▶ Records for this exercise
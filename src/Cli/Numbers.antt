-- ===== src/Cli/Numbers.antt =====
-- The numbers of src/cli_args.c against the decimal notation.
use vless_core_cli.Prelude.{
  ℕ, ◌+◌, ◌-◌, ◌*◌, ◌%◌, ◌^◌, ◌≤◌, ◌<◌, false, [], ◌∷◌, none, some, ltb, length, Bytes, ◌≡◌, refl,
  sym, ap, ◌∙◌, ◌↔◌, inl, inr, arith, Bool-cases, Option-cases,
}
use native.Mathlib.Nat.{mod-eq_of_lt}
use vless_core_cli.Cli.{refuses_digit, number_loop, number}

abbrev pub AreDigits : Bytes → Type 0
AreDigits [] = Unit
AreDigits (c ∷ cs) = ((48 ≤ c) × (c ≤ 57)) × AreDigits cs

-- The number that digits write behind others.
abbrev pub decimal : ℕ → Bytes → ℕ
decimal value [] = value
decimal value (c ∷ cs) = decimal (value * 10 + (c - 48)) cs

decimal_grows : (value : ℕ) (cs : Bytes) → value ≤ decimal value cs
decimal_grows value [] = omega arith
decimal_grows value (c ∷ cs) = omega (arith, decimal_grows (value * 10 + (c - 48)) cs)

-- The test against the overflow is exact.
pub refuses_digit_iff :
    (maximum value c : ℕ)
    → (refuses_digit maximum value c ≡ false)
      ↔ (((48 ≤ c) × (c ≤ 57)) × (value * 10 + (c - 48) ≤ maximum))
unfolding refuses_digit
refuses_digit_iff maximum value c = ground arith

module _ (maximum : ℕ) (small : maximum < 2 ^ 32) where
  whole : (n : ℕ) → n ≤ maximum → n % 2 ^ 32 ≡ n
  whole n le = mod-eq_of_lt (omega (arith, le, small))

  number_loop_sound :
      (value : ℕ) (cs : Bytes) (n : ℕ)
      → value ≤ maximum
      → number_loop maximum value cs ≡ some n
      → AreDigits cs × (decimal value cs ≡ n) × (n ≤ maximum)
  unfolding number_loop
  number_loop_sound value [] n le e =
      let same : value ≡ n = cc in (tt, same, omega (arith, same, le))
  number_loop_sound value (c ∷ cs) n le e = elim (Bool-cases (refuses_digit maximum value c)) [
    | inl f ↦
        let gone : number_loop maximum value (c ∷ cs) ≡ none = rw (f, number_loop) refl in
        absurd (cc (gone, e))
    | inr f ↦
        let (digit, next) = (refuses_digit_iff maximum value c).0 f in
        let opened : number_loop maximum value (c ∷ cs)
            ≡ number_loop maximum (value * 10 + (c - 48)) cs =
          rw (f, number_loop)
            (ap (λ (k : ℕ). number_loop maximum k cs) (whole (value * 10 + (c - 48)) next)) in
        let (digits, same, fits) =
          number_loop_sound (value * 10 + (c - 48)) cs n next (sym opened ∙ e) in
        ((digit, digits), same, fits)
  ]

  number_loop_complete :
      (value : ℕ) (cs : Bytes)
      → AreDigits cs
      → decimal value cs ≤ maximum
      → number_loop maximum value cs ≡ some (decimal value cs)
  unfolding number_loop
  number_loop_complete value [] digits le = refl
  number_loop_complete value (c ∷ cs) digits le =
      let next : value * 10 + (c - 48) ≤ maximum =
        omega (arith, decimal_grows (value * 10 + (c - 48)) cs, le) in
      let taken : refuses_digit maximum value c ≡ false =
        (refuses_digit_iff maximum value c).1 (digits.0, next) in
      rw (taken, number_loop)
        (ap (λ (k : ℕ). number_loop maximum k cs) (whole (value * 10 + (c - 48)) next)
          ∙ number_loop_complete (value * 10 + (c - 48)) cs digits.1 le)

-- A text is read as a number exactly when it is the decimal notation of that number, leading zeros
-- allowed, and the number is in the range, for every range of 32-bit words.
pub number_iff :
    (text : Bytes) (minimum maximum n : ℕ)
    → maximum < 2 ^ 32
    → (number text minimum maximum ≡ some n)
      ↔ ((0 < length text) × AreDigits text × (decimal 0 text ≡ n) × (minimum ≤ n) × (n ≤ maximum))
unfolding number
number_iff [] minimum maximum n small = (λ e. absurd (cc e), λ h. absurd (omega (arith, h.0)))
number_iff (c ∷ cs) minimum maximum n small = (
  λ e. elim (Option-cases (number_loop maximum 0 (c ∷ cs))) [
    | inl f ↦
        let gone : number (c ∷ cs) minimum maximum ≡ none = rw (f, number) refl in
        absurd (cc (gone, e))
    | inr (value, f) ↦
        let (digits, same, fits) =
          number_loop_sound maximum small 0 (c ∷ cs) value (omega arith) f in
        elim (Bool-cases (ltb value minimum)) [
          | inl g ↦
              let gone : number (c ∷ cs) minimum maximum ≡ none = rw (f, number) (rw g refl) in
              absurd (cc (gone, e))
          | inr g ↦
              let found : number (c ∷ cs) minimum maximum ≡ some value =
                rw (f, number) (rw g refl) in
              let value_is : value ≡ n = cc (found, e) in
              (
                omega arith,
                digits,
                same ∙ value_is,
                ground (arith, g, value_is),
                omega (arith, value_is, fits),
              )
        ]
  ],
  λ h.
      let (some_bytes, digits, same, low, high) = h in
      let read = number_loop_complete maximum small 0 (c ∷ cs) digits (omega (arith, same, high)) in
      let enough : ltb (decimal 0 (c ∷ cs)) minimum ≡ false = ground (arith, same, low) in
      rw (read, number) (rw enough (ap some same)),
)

▶ What you need to do
Each entry must be output exactly as it was written.

▶ Solution for this problem
filename src/Cli/Numbers.antt
-- ===== src/Cli/Numbers.antt =====
-- The numbers of src/cli_args.c against the decimal notation.
use vless_core_cli.Prelude.{
  ℕ, ◌+◌, ◌-◌, ◌*◌, ◌%◌, ◌^◌, ◌≤◌, ◌<◌, false, [], ◌∷◌, none, some, ltb, length, Bytes, ◌≡◌, refl,
  sym, ap, ◌∙◌, ◌↔◌, inl, inr, arith, Bool-cases, Option-cases,
}
use native.Mathlib.Nat.{mod-eq_of_lt}
use vless_core_cli.Cli.{refuses_digit, number_loop, number}

abbrev pub AreDigits : Bytes → Type 0
AreDigits [] = Unit
AreDigits (c ∷ cs) = ((48 ≤ c) × (c ≤ 57)) × AreDigits cs

-- The number that digits write behind others.
abbrev pub decimal : ℕ → Bytes → ℕ
decimal value [] = value
decimal value (c ∷ cs) = decimal (value * 10 + (c - 48)) cs

decimal_grows : (value : ℕ) (cs : Bytes) → value ≤ decimal value cs
decimal_grows value [] = omega arith
decimal_grows value (c ∷ cs) = omega (arith, decimal_grows (value * 10 + (c - 48)) cs)

-- The test against the overflow is exact.
pub refuses_digit_iff :
    (maximum value c : ℕ)
    → (refuses_digit maximum value c ≡ false)
      ↔ (((48 ≤ c) × (c ≤ 57)) × (value * 10 + (c - 48) ≤ maximum))
unfolding refuses_digit
refuses_digit_iff maximum value c = ground arith

module _ (maximum : ℕ) (small : maximum < 2 ^ 32) where
  whole : (n : ℕ) → n ≤ maximum → n % 2 ^ 32 ≡ n
  whole n le = mod-eq_of_lt (omega (arith, le, small))

  number_loop_sound :
      (value : ℕ) (cs : Bytes) (n : ℕ)
      → value ≤ maximum
      → number_loop maximum value cs ≡ some n
      → AreDigits cs × (decimal value cs ≡ n) × (n ≤ maximum)
  unfolding number_loop
  number_loop_sound value [] n le e =
      let same : value ≡ n = cc in (tt, same, omega (arith, same, le))
  number_loop_sound value (c ∷ cs) n le e = elim (Bool-cases (refuses_digit maximum value c)) [
    | inl f ↦
        let gone : number_loop maximum value (c ∷ cs) ≡ none = rw (f, number_loop) refl in
        absurd (cc (gone, e))
    | inr f ↦
        let (digit, next) = (refuses_digit_iff maximum value c).0 f in
        let opened : number_loop maximum value (c ∷ cs)
            ≡ number_loop maximum (value * 10 + (c - 48)) cs =
          rw (f, number_loop)
            (ap (λ (k : ℕ). number_loop maximum k cs) (whole (value * 10 + (c - 48)) next)) in
        let (digits, same, fits) =
          number_loop_sound (value * 10 + (c - 48)) cs n next (sym opened ∙ e) in
        ((digit, digits), same, fits)
  ]

  number_loop_complete :
      (value : ℕ) (cs : Bytes)
      → AreDigits cs
      → decimal value cs ≤ maximum
      → number_loop maximum value cs ≡ some (decimal value cs)
  unfolding number_loop
  number_loop_complete value [] digits le = refl
  number_loop_complete value (c ∷ cs) digits le =
      let next : value * 10 + (c - 48) ≤ maximum =
        omega (arith, decimal_grows (value * 10 + (c - 48)) cs, le) in
      let taken : refuses_digit maximum value c ≡ false =
        (refuses_digit_iff maximum value c).1 (digits.0, next) in
      rw (taken, number_loop)
        (ap (λ (k : ℕ). number_loop maximum k cs) (whole (value * 10 + (c - 48)) next)
          ∙ number_loop_complete (value * 10 + (c - 48)) cs digits.1 le)

-- A text is read as a number exactly when it is the decimal notation of that number, leading zeros
-- allowed, and the number is in the range, for every range of 32-bit words.
pub number_iff :
    (text : Bytes) (minimum maximum n : ℕ)
    → maximum < 2 ^ 32
    → (number text minimum maximum ≡ some n)
      ↔ ((0 < length text) × AreDigits text × (decimal 0 text ≡ n) × (minimum ≤ n) × (n ≤ maximum))
unfolding number
number_iff [] minimum maximum n small = (λ e. absurd (cc e), λ h. absurd (omega (arith, h.0)))
number_iff (c ∷ cs) minimum maximum n small = (
  λ e. elim (Option-cases (number_loop maximum 0 (c ∷ cs))) [
    | inl f ↦
        let gone : number (c ∷ cs) minimum maximum ≡ none = rw (f, number) refl in
        absurd (cc (gone, e))
    | inr (value, f) ↦
        let (digits, same, fits) =
          number_loop_sound maximum small 0 (c ∷ cs) value (omega arith) f in
        elim (Bool-cases (ltb value minimum)) [
          | inl g ↦
              let gone : number (c ∷ cs) minimum maximum ≡ none = rw (f, number) (rw g refl) in
              absurd (cc (gone, e))
          | inr g ↦
              let found : number (c ∷ cs) minimum maximum ≡ some value =
                rw (f, number) (rw g refl) in
              let value_is : value ≡ n = cc (found, e) in
              (
                omega arith,
                digits,
                same ∙ value_is,
                ground (arith, g, value_is),
                omega (arith, value_is, fits),
              )
        ]
  ],
  λ h.
      let (some_bytes, digits, same, low, high) = h in
      let read = number_loop_complete maximum small 0 (c ∷ cs) digits (omega (arith, same, high)) in
      let enough : ltb (decimal 0 (c ∷ cs)) minimum ≡ false = ground (arith, same, low) in
      rw (read, number) (rw enough (ap some same)),
)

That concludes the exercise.